Mientras se daba la vuelta, Lamb le cogió por un brazo y preguntó:
—¿Ha oído hablar de Grega Cantliss?
El hombre se soltó y respondió:
—Trabaja para Papá Anillo, y no encontrará a un bastardo más infame que él en todas las Tierras Lejanas. El pasado verano, en las colinas próximas a Arruga, mataron y robaron a una caravana de treinta personas, cortándoles luego las orejas y despellejándolos. Papá Anillo dijo que habían sido unos Fantasmas y nadie demostró lo contrario. Pero yo escuché un rumor que aseguraba que Cantliss era el responsable.
—Tenemos asuntos que tratar con él —explicó Shy.
El hombre volvió sus hundidos ojos hacia ella, diciendo:
—Entonces lo siento por ustedes, pero no lo he visto en meses, y no quiero volver a verlo nunca más. Ni a él, ni Arruga ni la menor porción de este maldito territorio. —Chasqueó la lengua y comenzó a cabalgar hacia el este.
Shy y su grupo permanecieron en aquel sitio durante un rato, viendo cómo aquella caravana de gente derrotada emprendía el viaje de vuelta hacia la civilización. Lo que acababan de ver fue como un jarro de agua fría, porque todos, excepto Shy, se habían dejado arrastrar hasta entonces por el optimismo.
—Pensé que conocías a todos los que viven en las Tierras Lejanas —comentó Shy, dirigiéndose a Sweet.

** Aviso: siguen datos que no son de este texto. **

-- ===== src/Http/Proxies/Replies.antt =====
-- What the replies of internal/httpapi/handlers_proxies.go say of the table.
use frp_easy.Prelude.{
  ℕ, ◌+◌, ◌≤◌, ℤ, pos, Bool, true, false, Option, none, some, List, [], ◌∷◌, String, Text, Result,
  ok, err, ◌≡◌, refl, arith, Bool-cases, inl, inr, length, leb, leb_ℤ, length-append, bind-eq,
}
use frp_easy.Http.Validate.{InputError}
use frp_easy.Http.Proxies.{
  ProxyInput, Reply, failed, create_proxy, create_built, create_checked, write_reply, handle_update,
  update_at, update_decoded, update_built, build_proxy_for_insert, at_least_zero,
}
use frp_easy.Storage.Proxies.Schema.{Table, Row, replace_row}
use frp_easy.Storage.Proxies.Errors.{Driver}
use frp_easy.Storage.Proxies.Rows.{insert_row-eq, update_row-eq}
use frp_easy.Storage.Proxies.{
  Proxy, StoreError, DomainsCodec, Io, upsert_proxy, list_proxies, scan_all, scan_proxy,
  last_insert_id, query, to_row,
}
use frp_easy.Storage.Proxies.Upsert.{
  Outcome, refused, inserted, half_inserted, updated, upsert_proxy-Outcome, upsert_proxy_error,
}

-- a reply that is not an error
abbrev pub succeeds : Reply → Bool
succeeds (failed _ _ _) = false
succeeds _ = true

length-replace_row : (q : Row) (rs : List Row) → length (replace_row q rs) ≡ length rs
unfolding replace_row
length-replace_row q [] = refl
length-replace_row q (r ∷ rs) = ground (arith, length-replace_row q rs)

module _ (d : Driver) (json : DomainsCodec) (trim : String → String) (low : Text → Text) where
  length-scan_all :
      (rs : List Row) (ps : List Proxy) → scan_all d json rs ≡ ok ps → length ps ≡ length rs
  length-scan_all [] [] h = refl
  length-scan_all [] (p ∷ ps) h = cc
  length-scan_all (r ∷ rs) ps h =
      let (p, e, h₁) = bind-eq (scan_proxy d json r) _ ps h in
      let (qs, f, h₂) = bind-eq (scan_all d json rs) _ ps h₁ in
      let g : p ∷ qs ≡ ps = cc h₂ in rw (← g, length-scan_all rs qs f)

  length-upsert_proxy :
      (io : Io) (now : ℕ) (p : Proxy) (t : Table) (o : Table × Result StoreError Proxy)
      → Outcome d json io now p t o
      → length o.0.rows ≤ length t.rows + 1
  length-upsert_proxy io now p t o (refused e q) = rw q (omega arith)
  length-upsert_proxy io now p t o (inserted t' z k q) =
      rw (q, (insert_row-eq d.name_first (to_row d json now p 1) t t' k).1, length-append)
        (omega arith)
  length-upsert_proxy io now p t o (half_inserted t' e z y k q) =
      rw (q, (insert_row-eq d.name_first (to_row d json now p 1) t t' k).1, length-append)
        (omega arith)
  length-upsert_proxy io now p t o (updated t' r z f w k q) =
      rw
        (
          q,
          (update_row-eq d.name_first (to_row d json now p (p.version + 1)) t t' k).1,
          length-replace_row,
        )
        (omega arith)

  length-list_proxies :
      (io : Io) (t : Table) (ps : List Proxy)
      → list_proxies d json io t ≡ ok ps
      → length ps ≡ length t.rows
  unfolding list_proxies
  length-list_proxies io t ps h = elim (Bool-cases (io query)) [
    | inl e ↦ absurd (ground (arith, h, e))
    | inr e ↦ length-scan_all t.rows ps (rw e at h)
  ]

  write_reply-table :
      (status : ℕ) (o : Table × Result StoreError Proxy)
      → (write_reply d json trim low status o).0 ≡ o.0
  write_reply-table status (t, ok p) = refl
  write_reply-table status (t, err e) = refl

  create_checked-limit :
      (io : Io) (now : ℕ) (p : Proxy) (t : Table) (l : Result StoreError (List Proxy))
      → list_proxies d json io t ≡ l
      → length t.rows ≤ 200
      → length (create_checked d json trim low io now p t l).0.rows ≤ 200
  unfolding create_checked
  create_checked-limit io now p t (err e) h le = le
  create_checked-limit io now p t (ok ps) h le =
      let same = length-list_proxies io t ps h in
      elim (Bool-cases (leb 200 (length ps))) [
        | inl e ↦ rw e le
        | inr e ↦
            let more = length-upsert_proxy io now p t _ (upsert_proxy-Outcome d json io now p t) in
            rw (e, write_reply-table 201 (upsert_proxy d json io now p t))
              (ground (arith, same, more, e))
      ]

  create_built-limit :
      (io : Io) (now : ℕ) (t : Table) (b : Result (String × InputError) Proxy)
      → length t.rows ≤ 200
      → length (create_built d json trim low io now t b).0.rows ≤ 200
  create_built-limit io now t (err e) le = le
  create_built-limit io now t (ok p) le =
      create_checked-limit io now p t (list_proxies d json io t) refl le

  -- Requests to create that are handled one after the other keep a table of at most 200 rules at
  -- most that long.
  pub create_proxy-limit :
      (io : Io) (now : ℕ) (x : Option ProxyInput) (t : Table)
      → length t.rows ≤ 200
      → length (create_proxy d json trim low io now x t).0.rows ≤ 200
  unfolding create_proxy
  create_proxy-limit io now none t le = le
  create_proxy-limit io now (some x) t le =
      create_built-limit io now t (build_proxy_for_insert d json trim low x) le

  write_reply-kept :
      (io : Io) (now status : ℕ) (p : Proxy) (t : Table) (o : Table × Result StoreError Proxy)
      → io last_insert_id ≡ false
      → upsert_proxy d json io now p t ≡ o
      → succeeds (write_reply d json trim low status o).1 ≡ false
      → (write_reply d json trim low status o).0 ≡ t
  write_reply-kept io now status p t (t', ok q) v h f = cc
  write_reply-kept io now status p t (t', err e) v h f = upsert_proxy_error d json io now p t v h

  create_checked-kept :
      (io : Io) (now : ℕ) (p : Proxy) (t : Table) (l : Result StoreError (List Proxy))
      → io last_insert_id ≡ false
      → succeeds (create_checked d json trim low io now p t l).1 ≡ false
      → (create_checked d json trim low io now p t l).0 ≡ t
  unfolding create_checked
  create_checked-kept io now p t (err e) v f = refl
  create_checked-kept io now p t (ok ps) v f = elim (Bool-cases (leb 200 (length ps))) [
    | inl e ↦ rw e
    | inr e ↦ rw e (write_reply-kept io now 201 p t _ v refl (rw e at f))
  ]

  create_built-kept :
      (io : Io) (now : ℕ) (t : Table) (b : Result (String × InputError) Proxy)
      → io last_insert_id ≡ false
      → succeeds (create_built d json trim low io now t b).1 ≡ false
      → (create_built d json trim low io now t b).0 ≡ t
  create_built-kept io now t (err e) v f = refl
  create_built-kept io now t (ok p) v f = create_checked-kept io now p t _ v f

  update_built-kept :
      (io : Io) (now : ℕ) (t : Table) (b : Result (String × InputError) Proxy)
      → io last_insert_id ≡ false
      → succeeds (update_built d json trim low io now t b).1 ≡ false
      → (update_built d json trim low io now t b).0 ≡ t
  update_built-kept io now t (err e) v f = refl
  update_built-kept io now t (ok p) v f = write_reply-kept io now 200 p t _ v refl f

  update_decoded-kept :
      (io : Io) (now i : ℕ) (t : Table) (x : Option ProxyInput)
      → io last_insert_id ≡ false
      → succeeds (update_decoded d json trim low io now i t x).1 ≡ false
      → (update_decoded d json trim low io now i t x).0 ≡ t
  update_decoded-kept io now i t none v f = refl
  update_decoded-kept io now i t (some x) v f = elim (Bool-cases (leb_ℤ x.version (pos 0))) [
    | inl e ↦ rw e
    | inr e ↦ rw e (update_built-kept io now t _ v (rw e at f))
  ]

  update_at-kept :
      (io : Io) (now : ℕ) (i : ℤ) (x : Option ProxyInput) (t : Table)
      → io last_insert_id ≡ false
      → succeeds (update_at d json trim low io now i x t).1 ≡ false
      → (update_at d json trim low io now i x t).0 ≡ t
  update_at-kept io now i x t v f = elim (Bool-cases (leb_ℤ i (pos 0))) [
    | inl e ↦ rw e
    | inr e ↦ rw e (update_decoded-kept io now (at_least_zero i) t x v (rw e at f))
  ]

  -- If the id of a new row can be read, a create that is answered with an error has left the table
  -- as it was.
  pub create_proxy_error :
      (io : Io) (now : ℕ) (x : Option ProxyInput) (t : Table)
      → io last_insert_id ≡ false
      → succeeds (create_proxy d json trim low io now x t).1 ≡ false
      → (create_proxy d json trim low io now x t).0 ≡ t
  unfolding create_proxy
  create_proxy_error io now none t v f = refl
  create_proxy_error io now (some x) t v f = create_built-kept io now t _ v f

  -- If the id of a new row can be read, an update that is answered with an error has left the
  -- table as it was.
  pub handle_update_error :
      (io : Io) (now : ℕ) (i : Option ℤ) (x : Option ProxyInput) (t : Table)
      → io last_insert_id ≡ false
      → succeeds (handle_update d json trim low io now i x t).1 ≡ false
      → (handle_update d json trim low io now i x t).0 ≡ t
  unfolding handle_update
  handle_update_error io now none x t v f = refl
  handle_update_error io now (some i) x t v f = update_at-kept io now i x t v f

—Sólo a los que se quedan en ellas por algún tiempo —el viejo explorador se encogía de hombros.
—Entre los que no se cuenta el tal Grega Cantliss, supongo.
—Hay tantos asesinos en Arruga como ratones de campo en un tocón de árbol —y vuelta a encogerse de hombros más que antes—. No he estado en ese sitio el tiempo suficiente para distinguir a unos de otros. Si llegamos con vida a la ciudad, te presentaré a su Alcalde. Entonces tendrás algunas respuestas.
—¿El Alcalde?
—El Alcalde lo dispone todo en Arruga. Aunque mejor sería decir que el Alcalde y Papá Anillo lo disponen todo, y así ha sido desde que clavaron juntas las dos primeras tablas de lo que sería la ciudad. Pero, por aquel tiempo, ninguno de ellos se llevaba bien con el otro. Y no creo que hayan terminado por hacerse amigos.
—¿El Alcalde puede ayudarnos a encontrar a Cantliss? —preguntó Lamb.
Sweet se encogió de hombros con más ímpetu aún. Si seguía así, su sombrero saldría despedido.
—El Alcalde podrá ayudaros. Siempre que vosotros podáis ayudar al Alcalde —dijo Sweet, y espoleó a su montura para regresar a donde se encontraba el resto de la caravana.